FIGURE 6.

Oligomerization of vGAAP requires cysteine residues 9 and 60. A, distribution of cysteine residues in vGAAP and hGAAP. Black and white x symbols represent cysteine residues that are (black) or are not (white) needed for oligomerization of vGAAP. GAAP topology was described previously (9), where the region after TMD6 was suggested to be either a re-entrant loop or cytosolic. Cysteine to serine mutations were made in hGAAP-HA (B) or vGAAP-HA (C).

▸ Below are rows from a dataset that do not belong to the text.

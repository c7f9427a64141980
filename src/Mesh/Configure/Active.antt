-- ===== src/Mesh/Configure/Active.antt =====
-- What a `configure_mesh` (crates/pier-core/src/api/network.rs) that ends well has done.
use pier.Base.{
  ℕ, Text, Bool, true, false, Option, none, some, List, [], ◌∷◌, codes, if◌then◌else◌, text_eq,
  Result, ok, err, update_where, AppError, ◌≡◌, refl, sym, ap, subst, arith, All, Bool-cases, inl,
  inr, is_some, bad_request,
}
use pier.Mesh.Render.{ExternalPeer, MeshConfig, Peer, render_wg_conf}
use pier.Mesh.Rows.{load_externals, PeerRow, MeshDb, load, load_all}
use pier.Mesh.Configure.{
  MeshOpResult, Dispatch, Step, set_peers, with_active, then_do, store_key, keypair_of,
  after_keypair, after_install, key_peer, key_all, after_up, after_write, activate_all, reply,
  provision, provision_loaded, provision_external, configure_mesh, install_wireguard,
  generate_keypair, up, write_config, aborted, failed, with_externals,
}

-- Every row of the node is active.
abbrev pub IsActive : MeshDb → Text → Type 0
IsActive db id = All (λ r. text_eq r.server_id id ≡ true → r.status ≡ codes "active") db.peers

set-IsActive : (now : ℕ) (id : Text) (db : MeshDb) → IsActive (set_peers (with_active now) id db) id
set-IsActive now id db = go db.peers
  where
    go :
        (rows : List PeerRow)
        → All
            (λ r. text_eq r.server_id id ≡ true → r.status ≡ codes "active")
            (update_where (λ r. text_eq r.server_id id) (with_active now) rows)
    go [] = tt
    go (r ∷ rows) = elim (Bool-cases (text_eq r.server_id id)) [
      | inl e ↦ rw e (λ h. refl, go rows)
      | inr e ↦ rw e (λ h. ground (arith, e, h), go rows)
    ]

set-keeps_IsActive :
    (now : ℕ) (id other : Text) (db : MeshDb)
    → IsActive db other
    → IsActive (set_peers (with_active now) id db) other
set-keeps_IsActive now id other db a = go db.peers a
  where
    go :
        (rows : List PeerRow)
        → All (λ r. text_eq r.server_id other ≡ true → r.status ≡ codes "active") rows
        → All
            (λ r. text_eq r.server_id other ≡ true → r.status ≡ codes "active")
            (update_where (λ r. text_eq r.server_id id) (with_active now) rows)
    go [] a = tt
    go (r ∷ rows) (h, a) = elim (Bool-cases (text_eq r.server_id id)) [
      | inl e ↦ rw e (λ k. refl, go rows a)
      | inr e ↦ rw e (h, go rows a)
    ]

-- A chain that ends well has passed through its first step.
then_do-ok :
    {A B : Type 0} (m : Step A) (f : A → MeshDb → Step B) (b : B)
    → (then_do m f).0 ≡ ok b
    → (a : A) × (m.0 ≡ ok a) × (then_do m f ≡ f a m.1) × ((f a m.1).0 ≡ ok b)
then_do-ok (ok a, db) f b h = (a, refl, refl, h)
then_do-ok (err e, db) f b h = cc

after_up-ok :
    (now : ℕ) (p : Peer) (db : MeshDb) (a : Result Text MeshOpResult)
    → (after_up now p db a).0 ≡ ok tt
    → (after_up now p db a).1 ≡ set_peers (with_active now) p.server_id db
after_up-ok now p db (ok r) h = ground arith
after_up-ok now p db (err e) h = cc

after_write-ok :
    (d : Dispatch) (now : ℕ) (p : Peer) (db : MeshDb) (a : Result Text MeshOpResult)
    → (after_write d now p db a).0 ≡ ok tt
    → (after_write d now p db a).1 ≡ set_peers (with_active now) p.server_id db
after_write-ok d now p db (ok r) h = ground (arith, after_up-ok now p db (d p.server_id up))
after_write-ok d now p db (err e) h = cc

module _ (d : Dispatch) (now : ℕ) (cfg : MeshConfig) (all : List Peer) where
  activate_all-keeps :
      (ps : List Peer) (db : MeshDb) (id : Text)
      → (activate_all d now cfg all ps db).0 ≡ ok tt
      → IsActive db id
      → IsActive (activate_all d now cfg all ps db).1 id
  unfolding activate_all
  activate_all-keeps [] db id h a = a
  activate_all-keeps (p ∷ ps) db id h a =
      let write =
        after_write d now p db (d p.server_id (write_config (render_wg_conf p all cfg))) in
      let (_, first, same, rest) =
        then_do-ok write (λ _ db. activate_all d now cfg all ps db) tt h in
      let wrote =
        after_write-ok d now p db (d p.server_id (write_config (render_wg_conf p all cfg))) first in
      subst (λ (m : Step (Unit {0})). IsActive m.1 id) (sym same)
        (activate_all-keeps ps write.1 id rest
          (subst (λ x. IsActive x id) (sym wrote) (set-keeps_IsActive now p.server_id id db a)))

  activate_all-IsActive :
      (ps : List Peer) (db : MeshDb)
      → (activate_all d now cfg all ps db).0 ≡ ok tt
      → All (λ (p : Peer). IsActive (activate_all d now cfg all ps db).1 p.server_id) ps
  unfolding activate_all
  activate_all-IsActive [] db h = tt
  activate_all-IsActive (p ∷ ps) db h =
      let write =
        after_write d now p db (d p.server_id (write_config (render_wg_conf p all cfg))) in
      let (_, first, same, rest) =
        then_do-ok write (λ _ db. activate_all d now cfg all ps db) tt h in
      let wrote =
        after_write-ok d now p db (d p.server_id (write_config (render_wg_conf p all cfg))) first in
      subst (λ (m : Step (Unit {0})). All (λ (p : Peer). IsActive m.1 p.server_id) (p ∷ ps))
        (sym same)
        (
          activate_all-keeps ps write.1 p.server_id rest
              (subst (λ x. IsActive x p.server_id) (sym wrote) (set-IsActive now p.server_id db)),
          activate_all-IsActive ps write.1 rest,
        )

-- The peer that phase 1 gives back: the same node, with a key.
abbrev pub IsKeyed : Peer → Peer → Type 0
IsKeyed p q = (q.server_id ≡ p.server_id) × (is_some q.public_key ≡ true)

store_key-IsKeyed :
    (p q : Peer) (k : Option Text) (db : MeshDb) → (store_key p k db).0 ≡ ok q → IsKeyed p q
store_key-IsKeyed p q none db h = cc
store_key-IsKeyed p q (some k) db h =
    let e : record p { public_key = some k } ≡ q = cc in
    (ap (λ x. x.server_id) (sym e), ap (λ (x : Peer). is_some x.public_key) (sym e))

keypair_of-IsKeyed :
    (p q : Peer) (db : MeshDb) (e : Option Text) (v : Option (Option Text))
    → (keypair_of p db e v).0 ≡ ok q
    → IsKeyed p q
keypair_of-IsKeyed p q db e none h = cc
keypair_of-IsKeyed p q db e (some v) h = store_key-IsKeyed p q v db h

after_keypair-IsKeyed :
    (p q : Peer) (db : MeshDb) (a : Result Text MeshOpResult)
    → (after_keypair p db a).0 ≡ ok q
    → IsKeyed p q
after_keypair-IsKeyed p q db (ok r) h = keypair_of-IsKeyed p q db r.error _ h
after_keypair-IsKeyed p q db (err e) h = cc

after_install-IsKeyed :
    (d : Dispatch) (p q : Peer) (db : MeshDb) (a : Result Text MeshOpResult)
    → (after_install d p db a).0 ≡ ok q
    → IsKeyed p q
after_install-IsKeyed d p q db (ok r) h =
    ground (arith, after_keypair-IsKeyed p q db (d p.server_id generate_keypair))
after_install-IsKeyed d p q db (err e) h = cc

key_peer-IsKeyed :
    (d : Dispatch) (p q : Peer) (k : Option Text) (db : MeshDb)
    → k ≡ p.public_key
    → (key_peer d p k db).0 ≡ ok q
    → IsKeyed p q
key_peer-IsKeyed d p q none db e h =
    after_install-IsKeyed d p q db (d p.server_id install_wireguard) h
key_peer-IsKeyed d p q (some k) db e h =
    let same : p ≡ q = cc in subst (λ x. IsKeyed p x) same (refl, ap is_some (sym e))

-- Two lists, side by side.
abbrev pub AllPairs : (Peer → Peer → Type 0) → List Peer → List Peer → Type 0
AllPairs R [] [] = Unit
AllPairs R [] (q ∷ qs) = ⊥
AllPairs R (p ∷ ps) [] = ⊥
AllPairs R (p ∷ ps) (q ∷ qs) = R p q × AllPairs R ps qs

key_all-IsKeyed :
    (d : Dispatch) (ps qs : List Peer) (db : MeshDb)
    → (key_all d ps db).0 ≡ ok qs
    → AllPairs IsKeyed ps qs
unfolding key_all
key_all-IsKeyed d [] qs db h = let e : [] ≡ qs = cc in subst (λ qs. AllPairs IsKeyed [] qs) e tt
key_all-IsKeyed d (p ∷ ps) qs db h =
    let (q, first, _, rest) = then_do-ok (key_peer d p p.public_key db) _ qs h in
    let (qs', more, _, last) =
      then_do-ok (key_all d ps (key_peer d p p.public_key db).1) _ qs rest in
    let e : q ∷ qs' ≡ qs = cc in
    subst (λ qs. AllPairs IsKeyed (p ∷ ps) qs) e
      (
        key_peer-IsKeyed d p q p.public_key db refl first,
        key_all-IsKeyed d ps qs' (key_peer d p p.public_key db).1 more,
      )

IsActive-pairs :
    (db : MeshDb) (ps qs : List Peer)
    → AllPairs IsKeyed ps qs
    → All (λ (q : Peer). IsActive db q.server_id) qs
    → All (λ (p : Peer). IsActive db p.server_id) ps
IsActive-pairs db [] qs a b = tt
IsActive-pairs db (p ∷ ps) [] a b = absurd a
IsActive-pairs db (p ∷ ps) (q ∷ qs) ((e, _), a) (h, b) =
    (subst (λ id. IsActive db id) e h, IsActive-pairs db ps qs a b)

provision-IsActive :
    (d : Dispatch) (now : ℕ) (cfg : MeshConfig) (es : List ExternalPeer) (ps : List Peer)
    (db : MeshDb)
    → (provision d now cfg es ps db).0 ≡ ok tt
    → All (λ (p : Peer). IsActive (provision d now cfg es ps db).1 p.server_id) ps
unfolding provision
provision-IsActive d now cfg es ps db h =
    let (qs, first, same, rest) = then_do-ok (key_all d ps db) _ tt h in
    subst (λ (m : Step (Unit {0})). All (λ (p : Peer). IsActive m.1 p.server_id) ps) (sym same)
      (IsActive-pairs (activate_all d now cfg (with_externals es qs) qs (key_all d ps db).1).1 ps qs
        (key_all-IsKeyed d ps qs db first)
        (activate_all-IsActive d now cfg (with_externals es qs) qs (key_all d ps db).1 rest))

reply-ok : (m : Step (Unit {0})) → (reply m).0 ≡ ok true → (m.0 ≡ ok tt) × ((reply m).1 ≡ m.1)
reply-ok (ok _, db) h = (refl, refl)
reply-ok (err aborted, db) h = cc
reply-ok (err (failed e), db) h = cc

provision_external-IsActive :
    (d : Dispatch) (now : ℕ) (db : MeshDb) (ps : List Peer)
    (loaded : Result AppError (List ExternalPeer))
    → (provision_external d now db ps loaded).0 ≡ ok true
    → All (λ (p : Peer). IsActive (provision_external d now db ps loaded).1 p.server_id) ps
provision_external-IsActive d now db ps (err e) h = cc
provision_external-IsActive d now db ps (ok es) h =
    let (done, same) = reply-ok (provision d now (load db) es ps db) h in
    subst (λ x. All (λ (q : Peer). IsActive x q.server_id) ps) (sym same)
      (provision-IsActive d now (load db) es ps db done)

provision_loaded-IsActive :
    (d : Dispatch) (now : ℕ) (db : MeshDb) (loaded : Result AppError (List Peer))
    → (provision_loaded d now db loaded).0 ≡ ok true
    → (ps : List Peer) × (loaded ≡ ok ps)
      × All (λ (p : Peer). IsActive (provision_loaded d now db loaded).1 p.server_id) ps
provision_loaded-IsActive d now db (err e) h = cc
provision_loaded-IsActive d now db (ok []) h = cc
provision_loaded-IsActive d now db (ok (p ∷ ps)) h =
    (p ∷ ps, refl, provision_external-IsActive d now db (p ∷ ps) (load_externals db) h)

-- Whatever the nodes answer: if the configuration ends with the overall result "ok", the mesh was
-- enabled, and every row of every node that was loaded is active.
pub configure_mesh-IsActive :
    (d : Dispatch) (now : ℕ) (db : MeshDb)
    → (configure_mesh d now db).0 ≡ ok true
    → (db.config.enabled ≡ true)
      × ((ps : List Peer) × (load_all db ≡ ok ps)
          × All (λ (p : Peer). IsActive (configure_mesh d now db).1 p.server_id) ps)
unfolding configure_mesh
configure_mesh-IsActive d now db h = go db.config.enabled h
  where
    branch : Bool → Result AppError Bool × MeshDb
    branch b =
        if b
        then provision_loaded d now db (load_all db)
        else (err (bad_request "errors.network.enable_before_configure"), db)

    go :
        (b : Bool)
        → (branch b).0 ≡ ok true
        → (b ≡ true)
          × ((ps : List Peer) × (load_all db ≡ ok ps)
              × All (λ (p : Peer). IsActive (branch b).1 p.server_id) ps)
    go true h = (refl, provision_loaded-IsActive d now db (load_all db) h)
    go false h = cc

Lysates from HeLa cells transfected with wild type or mutant vGAAP-HA or hGAAP-HA were analyzed by SDS-PAGE with or without DTT and immunoblotted (IB) with anti-HA antibody. C, top panel: dimer and monomer band intensities of the vGAAP-HA mutants were measured using Li-COR and plotted as the ratio between dimer and monomer (C, middle panel). CXS denotes mutants with all cysteines mutated to serines. D, lysates from HeLa cells transfected with wild type or C9S/C60S vGAAP-HA were incubated with DFDNB, resolved by non-reducing SDS-PAGE, and immunoblotted with anti-HA antibody. The predicted oligomeric states of vGAAP are shown by arrowheads. Results shown are representative of three independent experiments. The sizes of molecular mass markers are shown in kDa. DMSO, dimethyl sulfoxide.